Green Ronin looks like they're interested in picking up licensed properties, they already picked up a DC license an Dragon Age. Adding Star Wars to their portfolio wouldn't be out of character. Besides my love for the MM and True20 systems GR also seems to have their heads on straight when it comes to distribution. They have well laid out digest size books (their pocket guides) and offer PDF editions of their books.


----------



## Bluenose (Dec 15, 2010)

FFG are probably favourites, although I don't know if they'd want another SF game with their GW properties going.

Steve Jackson Games have RPGs, Card Games, Board Games, and aren't noted for their minis, which matches the information we have. 

Does it have to be an English language company? I don't know enough about the companies to identify particular ones, but there are some around.


----------



## GreyLord (Dec 15, 2010)

Bluenose said:


> FFG are probably favourites, although I don't know if they'd want another SF game with their GW properties going.
> 
> Steve Jackson Games have RPGs, Card Games, Board Games, and aren't noted for their minis, which matches the information we have.
> 
> Does it have to be an English language company? I don't know enough about the companies to identify particular ones, but there are some around.




Just as a note, FFG is known for it's minis in some circles...

Whether they consider it's minis games a major factor in knowing it for it's miniatures line or not...I suppose would be the question for Mongoose.

FFG is more known for it's boardgames...but I'd say there might be more who know about FFG's minis then their RPG's...at least up until they got Dark Heresy.

On the otherhand, one of their minis lines had a movie made on them (though not a big successful one from what I understand) where as WH from GW hasn't yet (that I know of, but several awesome video games).


----------



## TarionzCousin (Dec 15, 2010)

Dannyalcatraz said:


> I'm guessing George Lucas bought it himself through a straw man so he can re-release it in a Deluxe Platinum Collector's Edition Ruleset, featuring a common fluff set but with mechanics for ALL versions if the game...but jazzed up with his own visionary re-imaginings of certain rules to make each version _awesomer than EVAR!_



This was my thought too. Extrapolate a bit and you get this: the only race allowed for player characters is Ewok. 

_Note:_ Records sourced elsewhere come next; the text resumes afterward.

-- ===== src/Mutator/OpaBundle/Types.antt =====
-- The type of the decisions of an `OpaBundleMutator`
-- (pkg/admissionctrl/mutator/opa_bundle_json_patch.go): what passes, and as what.
use nacp.Common.{
  ◌≡◌, refl, ◌∙◌, sym, ap, ◌↔◌, String, none, some, List, [], ◌∷◌, ◌++◌, map, inl, inr,
  Option-cases, append_assoc, append-nil,
}
use nacp.GoError.{GoError, message, Multierror, Result-cases, ok}
use nacp.Admission.{JobCodec}
use nacp.Patcher.{JsonPatch, patch_job}
use nacp.Payloads.{Input, Ending, refuse, keep, replace}
use nacp.Value.{
  Value, null, bool, num, str, arr, obj, elements, Items, Fields, index, or_null, Format,
}
use nacp.Mutator.OpaBundle.{
  OpaSdkClient, parse_warnings, parse_decision_errors, parse_decision_warnings,
  apply_decision_patch, apply_patch, judge_decision, evaluate,
}
use nacp.Mutator.OpaBundle.Vetoes.{IsSilent, parse_decision_errors_iff}

-- A list of texts, between which nulls may stand.
abbrev pub Texts : List Value → List String → Type 0
Texts [] ss = ss ≡ []
Texts (null ∷ vs) ss = Texts vs ss
Texts (str s ∷ vs) ss = (ts : List String) × (ss ≡ s ∷ ts) × Texts vs ts
Texts (bool b ∷ vs) ss = ⊥
Texts (num n ∷ vs) ss = ⊥
Texts (arr a ∷ vs) ss = ⊥
Texts (obj o ∷ vs) ss = ⊥

-- A field that is missing or null, or an array of these texts.
abbrev pub HoldsTexts : Value → List String → Type 0
HoldsTexts null ss = ss ≡ []
HoldsTexts (arr vs) ss = Texts (elements vs) ss
HoldsTexts _ ss = ⊥

-- A mutator that ends with a job.
abbrev pub Passes : {J : Type 0} → Ending J → Type 0
Passes (refuse ws e) = ⊥
Passes (keep ws) = Unit
Passes (replace j b ws) = Unit

module _ (F : Format) where
  parse_warnings-Texts :
      (pre : List GoError) (vs : List Value) (ss : List String)
      → Texts vs ss
      → parse_warnings F pre vs ≡ (pre ++ map message ss, none)
  unfolding parse_warnings
  parse_warnings-Texts pre [] ss e = rw e (ap (λ l. (l, none)) (sym (append-nil pre)))
  parse_warnings-Texts pre (null ∷ vs) ss t = parse_warnings-Texts pre vs ss t
  parse_warnings-Texts pre (str s ∷ vs) ss (ts, e, t) =
      rw (e, ← append_assoc pre (message s ∷ []) (map message ts))
        (parse_warnings-Texts (pre ++ message s ∷ []) vs ts t)
  parse_warnings-Texts pre (bool b ∷ vs) ss t = absurd t
  parse_warnings-Texts pre (num n ∷ vs) ss t = absurd t
  parse_warnings-Texts pre (arr a ∷ vs) ss t = absurd t
  parse_warnings-Texts pre (obj o ∷ vs) ss t = absurd t

  Texts-parse_warnings :
      (pre : List GoError) (vs : List Value)
      → (parse_warnings F pre vs).1 ≡ none
      → (ss : List String) × Texts vs ss
  unfolding parse_warnings
  Texts-parse_warnings pre [] h = ([], refl)
  Texts-parse_warnings pre (null ∷ vs) h = Texts-parse_warnings pre vs h
  Texts-parse_warnings pre (str s ∷ vs) h =
      let (ts, t) = Texts-parse_warnings (pre ++ message s ∷ []) vs h in (s ∷ ts, (ts, refl, t))
  Texts-parse_warnings pre (bool b ∷ vs) h = absurd (cc h)
  Texts-parse_warnings pre (num n ∷ vs) h = absurd (cc h)
  Texts-parse_warnings pre (arr a ∷ vs) h = absurd (cc h)
  Texts-parse_warnings pre (obj o ∷ vs) h = absurd (cc h)

  parse_decision_warnings-HoldsTexts :
      (v : Value) (ss : List String)
      → HoldsTexts v ss
      → parse_decision_warnings F v ≡ (map message ss, none)
  unfolding parse_decision_warnings
  parse_decision_warnings-HoldsTexts null ss e = rw e refl
  parse_decision_warnings-HoldsTexts (arr vs) ss t = parse_warnings-Texts [] (elements vs) ss t
  parse_decision_warnings-HoldsTexts (bool b) ss t = absurd t
  parse_decision_warnings-HoldsTexts (num n) ss t = absurd t
  parse_decision_warnings-HoldsTexts (str s) ss t = absurd t
  parse_decision_warnings-HoldsTexts (obj o) ss t = absurd t

  HoldsTexts-parse_decision_warnings :
      (v : Value) → (parse_decision_warnings F v).1 ≡ none → (ss : List String) × HoldsTexts v ss
  unfolding parse_decision_warnings
  HoldsTexts-parse_decision_warnings null h = ([], refl)
  HoldsTexts-parse_decision_warnings (arr vs) h = Texts-parse_warnings [] (elements vs) h
  HoldsTexts-parse_decision_warnings (bool b) h = absurd (cc h)
  HoldsTexts-parse_decision_warnings (num n) h = absurd (cc h)
  HoldsTexts-parse_decision_warnings (str s) h = absurd (cc h)
  HoldsTexts-parse_decision_warnings (obj o) h = absurd (cc h)

module _ {J : Type 0} (M : Multierror) (F : Format) (C : JobCodec J) (P : JsonPatch)
    (name path : String) (opa : OpaSdkClient J) where
  -- What a patch makes of the job: the job as it was, or the patched one.
  abbrev pub Patches : Input J → Value → List GoError → Ending J → Type 0
  Patches input v ws (refuse us e) = ⊥
  Patches input v ws (keep us) = (us ≡ ws) × (v ≡ null)
  Patches input v ws (replace j b us) =
      (us ≡ ws)
      × (ops : Items) × (v ≡ arr ops)
      × (patch_job C P input.job (some (elements ops)) ≡ ok (j, b))

  -- The decisions with which the mutator ends so: objects whose errors are missing, null or an array
  -- of nulls, whose warnings are texts, and whose patch is missing, null or an array that applies.
  abbrev pub Decides : Input J → Value → Ending J → Type 0
  Decides input (obj fields) e =
      IsSilent (or_null (index "errors" fields))
      × (ss : List String) × HoldsTexts (or_null (index "warnings" fields)) ss
      × Patches input (or_null (index "patch" fields)) (map message ss) e
  Decides input _ e = ⊥

  apply_patch_of_Patches :
      (input : Input J) (v : Value) (ws : List GoError) (e : Ending J)
      → Patches input v ws e
      → apply_patch M F C P name path opa input ws v ≡ e
  unfolding apply_patch apply_decision_patch
  apply_patch_of_Patches input v ws (refuse us f) p = absurd p
  apply_patch_of_Patches input v ws (keep us) (same, n) = rw (n, same, apply_patch) refl
  apply_patch_of_Patches input v ws (replace j b us) (same, ops, n, made) =
      rw (n, same, made, apply_patch, apply_decision_patch) refl

  apply_array-Patches :
      (input : Input J) (ops : Items) (ws : List GoError) (e : Ending J)
      → Passes e
      → apply_patch M F C P name path opa input ws (arr ops) ≡ e
      → Patches input (arr ops) ws e
  unfolding apply_patch apply_decision_patch
  apply_array-Patches input ops ws (refuse us f) p h = absurd p
  apply_array-Patches input ops ws (keep us) p h =
      elim (Result-cases (patch_job C P input.job (some (elements ops)))) [
        | inl (f, x) ↦ absurd (cc (rw (x, apply_patch, apply_decision_patch) at h))
        | inr ((j, b), x) ↦ absurd (cc (rw (x, apply_patch, apply_decision_patch) at h))
      ]
  apply_array-Patches input ops ws (replace j b us) p h =
      elim (Result-cases (patch_job C P input.job (some (elements ops)))) [
        | inl (f, x) ↦ absurd (cc (rw (x, apply_patch, apply_decision_patch) at h))
        | inr ((j', b'), x) ↦
            let same : replace j' b' ws ≡ replace j b us =
              rw (x, apply_patch, apply_decision_patch) at h in
            (cc same, ops, refl, x ∙ cc same)
      ]

  apply_patch-Patches :
      (input : Input J) (v : Value) (ws : List GoError) (e : Ending J)
      → Passes e
      → apply_patch M F C P name path opa input ws v ≡ e
      → Patches input v ws e
  unfolding apply_patch apply_decision_patch
  apply_patch-Patches input (arr ops) ws e p h = apply_array-Patches input ops ws e p h
  apply_patch-Patches input null ws (refuse us f) p h = absurd p
  apply_patch-Patches input null ws (keep us) p h = (cc h, refl)
  apply_patch-Patches input null ws (replace j b us) p h = absurd (cc h)
  apply_patch-Patches input (bool v) ws e p h = absurd (rw (← h) at p)
  apply_patch-Patches input (num v) ws e p h = absurd (rw (← h) at p)
  apply_patch-Patches input (str v) ws e p h = absurd (rw (← h) at p)
  apply_patch-Patches input (obj v) ws e p h = absurd (rw (← h) at p)

  judge_decision-Decides :
      (input : Input J) (fields : Fields) (e : Ending J)
      → Passes e
      → judge_decision M F C P name path opa input fields ≡ e
      → Decides input (obj fields) e
  unfolding judge_decision
  judge_decision-Decides input fields e p h =
      let errors = or_null (index "errors" fields) in
      let warnings = or_null (index "warnings" fields) in
      elim (Option-cases (parse_decision_errors F M errors)) [
        | inr (f, x) ↦ absurd (rw (← (rw (x, judge_decision) at h)) at p)
        | inl x ↦ elim (Option-cases (parse_decision_warnings F warnings).1) [
          | inr (f, y) ↦ absurd (rw (← (rw (x, y, judge_decision) at h)) at p)
          | inl y ↦
              let (ss, t) = HoldsTexts-parse_decision_warnings F warnings y in
              (
                (parse_decision_errors_iff F M errors).0 x,
                ss,
                t,
                apply_patch-Patches input (or_null (index "patch" fields)) (map message ss) e p (
                    rw (ap (λ z. z.0) (parse_decision_warnings-HoldsTexts F warnings ss t)) at
                      (rw (x, y, judge_decision) at h)),
              )
        ]
      ]

  judge_decision_of_Decides :
      (input : Input J) (fields : Fields) (e : Ending J)
      → Decides input (obj fields) e
      → judge_decision M F C P name path opa input fields ≡ e
  unfolding judge_decision
  judge_decision_of_Decides input fields e (silent, ss, t, patches) =
      let read = parse_decision_warnings-HoldsTexts F (or_null (index "warnings" fields)) ss t in
      rw
        (
          (parse_decision_errors_iff F M (or_null (index "errors" fields))).1 silent,
          ap (λ z. z.1) read,
          judge_decision,
        )
        (rw (ap (λ z. z.0) read) (
          apply_patch_of_Patches input (or_null (index "patch" fields)) (map message ss) e patches))

  -- A decision lets the job pass exactly if it is well typed and has no errors: it is an object whose
  -- `errors` are missing, null or an array of nulls, whose `warnings` are missing, null or an array of
  -- texts and nulls, and whose `patch` is missing or null, or an array of operations that apply to
  -- the job. The warnings are then these texts, in their order. Without a patch the job stays as it
  -- is; with one it becomes the patched job, and counts as mutated exactly if the patch has an
  -- operation.
  pub evaluate-Decides :
      (input : Input J) (decision : Value) (e : Ending J)
      → opa.decision path input ≡ ok decision
      → Passes e
      → (evaluate M F C P name path opa input ≡ e) ↔ Decides input decision e
  unfolding evaluate
  evaluate-Decides input (obj fields) e decided p = (
    λ h. judge_decision-Decides input fields e p (rw (decided, evaluate) at h),
    λ d. rw (decided, evaluate) (judge_decision_of_Decides input fields e d),
  )
  evaluate-Decides input null e decided p =
      (λ h. absurd (rw (← (rw (decided, evaluate) at h)) at p), λ d. absurd d)
  evaluate-Decides input (bool b) e decided p =
      (λ h. absurd (rw (← (rw (decided, evaluate) at h)) at p), λ d. absurd d)
  evaluate-Decides input (num n) e decided p =
      (λ h. absurd (rw (← (rw (decided, evaluate) at h)) at p), λ d. absurd d)
  evaluate-Decides input (str s) e decided p =
      (λ h. absurd (rw (← (rw (decided, evaluate) at h)) at p), λ d. absurd d)
  evaluate-Decides input (arr vs) e decided p =
      (λ h. absurd (rw (← (rw (decided, evaluate) at h)) at p), λ d. absurd d)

Think of all the toys he could sell!


----------



## Pbartender (Dec 15, 2010)

While put my money on Green Ronin, I'm really hoping for Evil Hat Games...  I'd love to see a proper Star Wars RPG done using a FATE-based system.

Although, as someone up-thread said, using the classing 7th-Sea style keep-and-roll system would be an awful lot of fun as well.


----------



## John Crichton (Dec 15, 2010)

Pbartender said:


> I'd love to see a proper Star Wars RPG done using a FATE-based system.



That's a little too out there for my tastes.  Then again, I didn't have any problems with SAGA or West End Games versions.


----------



## Wednesday Boy (Dec 15, 2010)

Alaxk Knight of Galt said:


> Doing SW with the Roll and Keep system would rock




I would definitely be interested in checking out how an AEG Roll and Keep system would approach a SW RPG.



delericho said:


> On a personal level, I'm just not interested in any new Star Wars RPG. We've now had six versions across two entirely different systems, with a number of fan conversions to other systems out there as well. I really don't know what more can be done for the universe, RPG-wise.




I'm in the same boat unless it's an entirely new system (such as Roll and Keep, like Alaxk noted).  I liked SAGA but the books progressively went downhill to me.  It seemed to me like they covered as much as was available and didn't have enough novel ideas for the later supplements.


----------



## delericho (Dec 15, 2010)

Wednesday Boy said:


> I'm in the same boat unless it's an entirely new system (such as Roll and Keep, like Alaxk noted).  I liked SAGA but the books progressively went downhill to me.  It seemed to me like they covered as much as was available and didn't have enough novel ideas for the later supplements.




Problem is, I'm not sure there actually _is_ a lot of material to cover. Fluff topics are better (and much more extensively covered) by things like Wookieepedia or the various Star Wars Encyclopedias out there. Plus, of course, they've now been covered extensively by the existing editions.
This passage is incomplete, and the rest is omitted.